• Data:
++++++++
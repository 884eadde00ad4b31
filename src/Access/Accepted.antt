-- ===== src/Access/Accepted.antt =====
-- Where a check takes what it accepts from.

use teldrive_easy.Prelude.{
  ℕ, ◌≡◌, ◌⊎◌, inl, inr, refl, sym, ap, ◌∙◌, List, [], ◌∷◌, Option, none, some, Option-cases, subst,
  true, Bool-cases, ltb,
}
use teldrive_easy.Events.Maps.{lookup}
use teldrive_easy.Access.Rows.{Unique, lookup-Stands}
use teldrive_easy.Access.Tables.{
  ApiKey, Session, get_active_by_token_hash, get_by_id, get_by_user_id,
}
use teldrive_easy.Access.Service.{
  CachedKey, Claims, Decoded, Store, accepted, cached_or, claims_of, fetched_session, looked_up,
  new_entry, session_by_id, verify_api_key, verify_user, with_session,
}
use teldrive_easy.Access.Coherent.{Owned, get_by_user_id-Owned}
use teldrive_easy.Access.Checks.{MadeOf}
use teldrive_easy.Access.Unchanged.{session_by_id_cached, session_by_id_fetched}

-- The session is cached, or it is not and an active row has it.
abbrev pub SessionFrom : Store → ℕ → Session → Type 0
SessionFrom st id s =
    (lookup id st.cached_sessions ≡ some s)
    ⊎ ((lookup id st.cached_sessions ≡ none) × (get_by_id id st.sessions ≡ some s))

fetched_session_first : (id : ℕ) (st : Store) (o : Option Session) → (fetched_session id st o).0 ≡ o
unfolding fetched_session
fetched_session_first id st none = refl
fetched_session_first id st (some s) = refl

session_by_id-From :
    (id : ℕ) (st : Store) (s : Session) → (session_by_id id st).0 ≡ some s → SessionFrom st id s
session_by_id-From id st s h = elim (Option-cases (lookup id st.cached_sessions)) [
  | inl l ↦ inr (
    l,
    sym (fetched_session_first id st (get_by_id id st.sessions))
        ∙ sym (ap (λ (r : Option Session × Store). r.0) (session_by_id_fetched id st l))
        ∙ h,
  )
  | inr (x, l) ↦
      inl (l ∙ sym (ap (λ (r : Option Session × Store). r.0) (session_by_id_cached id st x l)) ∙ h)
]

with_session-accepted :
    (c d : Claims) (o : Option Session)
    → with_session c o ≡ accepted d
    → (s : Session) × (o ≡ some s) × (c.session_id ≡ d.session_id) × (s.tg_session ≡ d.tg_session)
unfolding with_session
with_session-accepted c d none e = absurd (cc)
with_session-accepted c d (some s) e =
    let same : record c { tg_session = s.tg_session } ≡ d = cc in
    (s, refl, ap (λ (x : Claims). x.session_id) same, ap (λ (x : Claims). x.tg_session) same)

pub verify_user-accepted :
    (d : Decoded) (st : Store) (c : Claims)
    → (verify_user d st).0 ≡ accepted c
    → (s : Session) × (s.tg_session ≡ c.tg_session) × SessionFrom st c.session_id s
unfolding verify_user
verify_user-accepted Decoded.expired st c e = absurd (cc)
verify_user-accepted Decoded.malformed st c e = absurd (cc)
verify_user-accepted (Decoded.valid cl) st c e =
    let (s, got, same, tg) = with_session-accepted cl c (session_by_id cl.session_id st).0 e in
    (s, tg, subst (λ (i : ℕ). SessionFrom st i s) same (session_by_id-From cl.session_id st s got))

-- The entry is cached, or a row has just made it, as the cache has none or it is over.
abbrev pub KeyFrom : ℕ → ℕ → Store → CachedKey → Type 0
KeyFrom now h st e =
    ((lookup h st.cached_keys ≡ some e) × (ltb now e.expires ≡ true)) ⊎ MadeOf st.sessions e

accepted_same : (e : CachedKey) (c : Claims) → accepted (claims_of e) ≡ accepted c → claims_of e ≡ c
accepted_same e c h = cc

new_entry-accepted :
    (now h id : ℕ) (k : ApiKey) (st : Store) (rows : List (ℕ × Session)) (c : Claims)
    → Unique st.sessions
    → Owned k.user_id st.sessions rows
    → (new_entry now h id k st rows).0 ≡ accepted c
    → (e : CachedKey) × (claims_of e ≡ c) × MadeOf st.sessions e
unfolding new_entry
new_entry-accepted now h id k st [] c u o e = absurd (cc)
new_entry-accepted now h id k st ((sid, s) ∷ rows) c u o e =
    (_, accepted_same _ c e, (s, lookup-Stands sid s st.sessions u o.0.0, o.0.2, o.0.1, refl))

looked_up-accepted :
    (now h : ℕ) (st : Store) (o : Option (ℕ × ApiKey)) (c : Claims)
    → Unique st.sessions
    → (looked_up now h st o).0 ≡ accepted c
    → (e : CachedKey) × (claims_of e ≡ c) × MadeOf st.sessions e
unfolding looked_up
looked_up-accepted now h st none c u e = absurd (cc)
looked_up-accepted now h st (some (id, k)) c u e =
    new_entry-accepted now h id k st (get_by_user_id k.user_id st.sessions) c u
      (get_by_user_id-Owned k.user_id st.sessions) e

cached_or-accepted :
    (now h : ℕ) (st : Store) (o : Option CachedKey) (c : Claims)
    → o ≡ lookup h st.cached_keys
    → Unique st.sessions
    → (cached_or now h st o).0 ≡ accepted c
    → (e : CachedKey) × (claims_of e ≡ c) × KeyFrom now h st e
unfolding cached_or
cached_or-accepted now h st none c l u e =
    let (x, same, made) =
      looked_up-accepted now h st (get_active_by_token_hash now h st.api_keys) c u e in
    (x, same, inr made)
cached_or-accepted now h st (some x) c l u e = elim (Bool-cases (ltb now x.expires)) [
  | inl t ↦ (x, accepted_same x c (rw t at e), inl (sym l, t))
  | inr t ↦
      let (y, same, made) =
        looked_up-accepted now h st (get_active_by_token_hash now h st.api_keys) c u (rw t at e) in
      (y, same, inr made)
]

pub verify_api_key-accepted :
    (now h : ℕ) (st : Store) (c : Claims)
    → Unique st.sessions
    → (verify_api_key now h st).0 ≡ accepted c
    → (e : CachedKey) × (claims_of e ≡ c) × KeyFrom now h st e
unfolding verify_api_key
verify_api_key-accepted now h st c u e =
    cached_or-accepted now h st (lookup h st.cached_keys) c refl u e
++++++++
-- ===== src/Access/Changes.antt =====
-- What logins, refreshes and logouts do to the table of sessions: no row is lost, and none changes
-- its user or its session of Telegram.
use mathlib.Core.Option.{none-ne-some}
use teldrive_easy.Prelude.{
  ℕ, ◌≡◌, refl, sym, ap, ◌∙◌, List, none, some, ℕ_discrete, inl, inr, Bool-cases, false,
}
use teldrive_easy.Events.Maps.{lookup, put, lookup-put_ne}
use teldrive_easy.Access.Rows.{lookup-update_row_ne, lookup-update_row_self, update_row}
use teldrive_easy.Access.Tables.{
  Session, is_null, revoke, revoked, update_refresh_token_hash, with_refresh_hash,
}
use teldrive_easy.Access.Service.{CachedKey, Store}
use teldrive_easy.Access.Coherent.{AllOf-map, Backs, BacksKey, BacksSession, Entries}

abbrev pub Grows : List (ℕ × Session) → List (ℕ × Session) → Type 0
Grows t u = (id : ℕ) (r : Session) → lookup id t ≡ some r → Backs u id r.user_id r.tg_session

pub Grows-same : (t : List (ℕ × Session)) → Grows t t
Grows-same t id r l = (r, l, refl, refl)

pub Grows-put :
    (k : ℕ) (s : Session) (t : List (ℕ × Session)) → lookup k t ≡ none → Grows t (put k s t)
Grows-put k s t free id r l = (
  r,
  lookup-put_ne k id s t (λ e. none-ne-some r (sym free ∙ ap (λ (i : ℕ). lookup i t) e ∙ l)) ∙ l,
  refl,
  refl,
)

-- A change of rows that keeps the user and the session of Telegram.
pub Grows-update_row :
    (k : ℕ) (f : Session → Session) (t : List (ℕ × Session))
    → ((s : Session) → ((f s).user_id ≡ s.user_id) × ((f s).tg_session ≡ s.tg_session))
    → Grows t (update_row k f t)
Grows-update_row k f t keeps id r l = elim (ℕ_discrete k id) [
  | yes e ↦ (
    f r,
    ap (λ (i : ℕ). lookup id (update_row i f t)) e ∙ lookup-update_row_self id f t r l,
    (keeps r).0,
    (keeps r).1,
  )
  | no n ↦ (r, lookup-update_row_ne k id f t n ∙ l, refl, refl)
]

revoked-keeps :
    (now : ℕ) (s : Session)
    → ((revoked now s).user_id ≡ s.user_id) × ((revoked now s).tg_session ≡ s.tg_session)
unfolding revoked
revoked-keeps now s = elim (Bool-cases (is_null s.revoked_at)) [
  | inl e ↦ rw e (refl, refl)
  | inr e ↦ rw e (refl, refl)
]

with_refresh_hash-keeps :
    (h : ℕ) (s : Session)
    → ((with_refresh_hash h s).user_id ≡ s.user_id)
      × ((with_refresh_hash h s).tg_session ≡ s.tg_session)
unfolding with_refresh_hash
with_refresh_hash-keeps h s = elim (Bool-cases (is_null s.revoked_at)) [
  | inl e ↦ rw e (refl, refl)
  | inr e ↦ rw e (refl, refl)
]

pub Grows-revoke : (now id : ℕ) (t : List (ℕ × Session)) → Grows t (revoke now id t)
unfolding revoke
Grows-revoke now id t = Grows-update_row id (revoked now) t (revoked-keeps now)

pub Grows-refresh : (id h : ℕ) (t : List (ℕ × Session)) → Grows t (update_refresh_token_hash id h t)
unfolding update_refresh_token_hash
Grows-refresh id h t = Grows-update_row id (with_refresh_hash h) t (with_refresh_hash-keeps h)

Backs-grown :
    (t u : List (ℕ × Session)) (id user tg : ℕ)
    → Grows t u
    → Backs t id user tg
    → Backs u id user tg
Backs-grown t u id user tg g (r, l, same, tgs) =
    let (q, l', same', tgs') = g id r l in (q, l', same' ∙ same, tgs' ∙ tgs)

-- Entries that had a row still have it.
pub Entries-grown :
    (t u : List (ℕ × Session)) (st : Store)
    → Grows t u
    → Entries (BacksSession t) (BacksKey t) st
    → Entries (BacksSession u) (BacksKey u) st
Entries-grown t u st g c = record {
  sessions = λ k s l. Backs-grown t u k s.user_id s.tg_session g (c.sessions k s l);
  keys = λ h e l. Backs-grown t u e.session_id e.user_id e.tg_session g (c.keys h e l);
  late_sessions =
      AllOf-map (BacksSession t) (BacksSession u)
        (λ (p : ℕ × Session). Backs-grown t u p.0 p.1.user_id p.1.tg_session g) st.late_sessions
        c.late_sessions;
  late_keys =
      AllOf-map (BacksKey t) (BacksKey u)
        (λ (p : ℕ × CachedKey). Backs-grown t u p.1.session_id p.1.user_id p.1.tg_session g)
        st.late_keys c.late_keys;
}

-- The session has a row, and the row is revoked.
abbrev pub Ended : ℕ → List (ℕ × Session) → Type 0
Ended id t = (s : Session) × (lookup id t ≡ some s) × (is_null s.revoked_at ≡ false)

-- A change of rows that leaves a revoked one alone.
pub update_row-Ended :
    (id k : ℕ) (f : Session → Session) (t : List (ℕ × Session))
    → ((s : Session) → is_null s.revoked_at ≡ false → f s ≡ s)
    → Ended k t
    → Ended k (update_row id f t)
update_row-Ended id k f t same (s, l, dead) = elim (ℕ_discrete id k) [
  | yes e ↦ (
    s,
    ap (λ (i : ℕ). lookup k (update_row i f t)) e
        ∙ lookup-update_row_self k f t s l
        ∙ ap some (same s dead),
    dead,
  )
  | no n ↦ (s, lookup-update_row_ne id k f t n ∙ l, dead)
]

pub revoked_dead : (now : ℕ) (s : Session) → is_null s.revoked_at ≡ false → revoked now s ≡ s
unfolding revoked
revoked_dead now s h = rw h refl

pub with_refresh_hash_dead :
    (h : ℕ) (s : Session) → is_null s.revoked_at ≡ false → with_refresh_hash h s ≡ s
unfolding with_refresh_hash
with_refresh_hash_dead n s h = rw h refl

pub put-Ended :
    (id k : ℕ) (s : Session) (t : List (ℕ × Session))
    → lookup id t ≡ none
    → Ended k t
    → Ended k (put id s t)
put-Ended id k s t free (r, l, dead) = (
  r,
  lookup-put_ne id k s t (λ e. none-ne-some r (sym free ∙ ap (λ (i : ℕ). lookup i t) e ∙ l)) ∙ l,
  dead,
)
++++++++
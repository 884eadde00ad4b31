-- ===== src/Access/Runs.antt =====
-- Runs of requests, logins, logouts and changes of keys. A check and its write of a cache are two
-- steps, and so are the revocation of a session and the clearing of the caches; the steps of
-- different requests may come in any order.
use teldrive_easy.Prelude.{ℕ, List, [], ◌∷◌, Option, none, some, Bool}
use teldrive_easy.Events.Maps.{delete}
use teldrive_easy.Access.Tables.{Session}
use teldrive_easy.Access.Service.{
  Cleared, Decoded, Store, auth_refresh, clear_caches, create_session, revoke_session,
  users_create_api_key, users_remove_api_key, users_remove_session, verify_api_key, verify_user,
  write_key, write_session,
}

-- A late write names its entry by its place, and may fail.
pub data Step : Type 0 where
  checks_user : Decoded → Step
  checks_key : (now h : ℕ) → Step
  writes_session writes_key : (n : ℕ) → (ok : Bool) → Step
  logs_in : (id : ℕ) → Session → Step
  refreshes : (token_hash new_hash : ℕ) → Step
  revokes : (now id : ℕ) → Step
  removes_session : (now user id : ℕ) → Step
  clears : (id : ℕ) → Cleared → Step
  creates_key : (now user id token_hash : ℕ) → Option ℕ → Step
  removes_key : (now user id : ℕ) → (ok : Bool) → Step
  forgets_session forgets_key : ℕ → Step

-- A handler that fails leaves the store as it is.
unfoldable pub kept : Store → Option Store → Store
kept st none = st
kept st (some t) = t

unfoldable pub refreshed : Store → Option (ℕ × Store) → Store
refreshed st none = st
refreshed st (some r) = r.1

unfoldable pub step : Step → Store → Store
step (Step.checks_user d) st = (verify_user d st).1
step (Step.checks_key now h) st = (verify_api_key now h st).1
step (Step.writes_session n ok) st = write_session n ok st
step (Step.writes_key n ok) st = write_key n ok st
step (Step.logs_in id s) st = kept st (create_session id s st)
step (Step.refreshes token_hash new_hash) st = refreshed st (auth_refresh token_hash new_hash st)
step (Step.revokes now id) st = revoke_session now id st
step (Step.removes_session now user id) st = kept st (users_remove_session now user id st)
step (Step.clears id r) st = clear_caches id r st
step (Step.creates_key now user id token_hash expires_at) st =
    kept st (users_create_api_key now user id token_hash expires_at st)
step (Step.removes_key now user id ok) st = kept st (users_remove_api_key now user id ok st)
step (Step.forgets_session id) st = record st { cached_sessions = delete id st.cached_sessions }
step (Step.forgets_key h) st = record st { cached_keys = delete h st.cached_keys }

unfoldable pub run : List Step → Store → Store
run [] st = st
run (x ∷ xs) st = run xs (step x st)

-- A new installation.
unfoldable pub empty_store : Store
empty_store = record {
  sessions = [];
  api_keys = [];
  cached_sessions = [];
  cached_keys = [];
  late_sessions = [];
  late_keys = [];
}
++++++++
• What to work on: In the listing above, find each line with the word "Maps" and copy it.

• Reply to the task:
use teldrive_easy.Events.Maps.{lookup}
use teldrive_easy.Events.Maps.{lookup, put, lookup-put_ne}
use teldrive_easy.Events.Maps.{delete}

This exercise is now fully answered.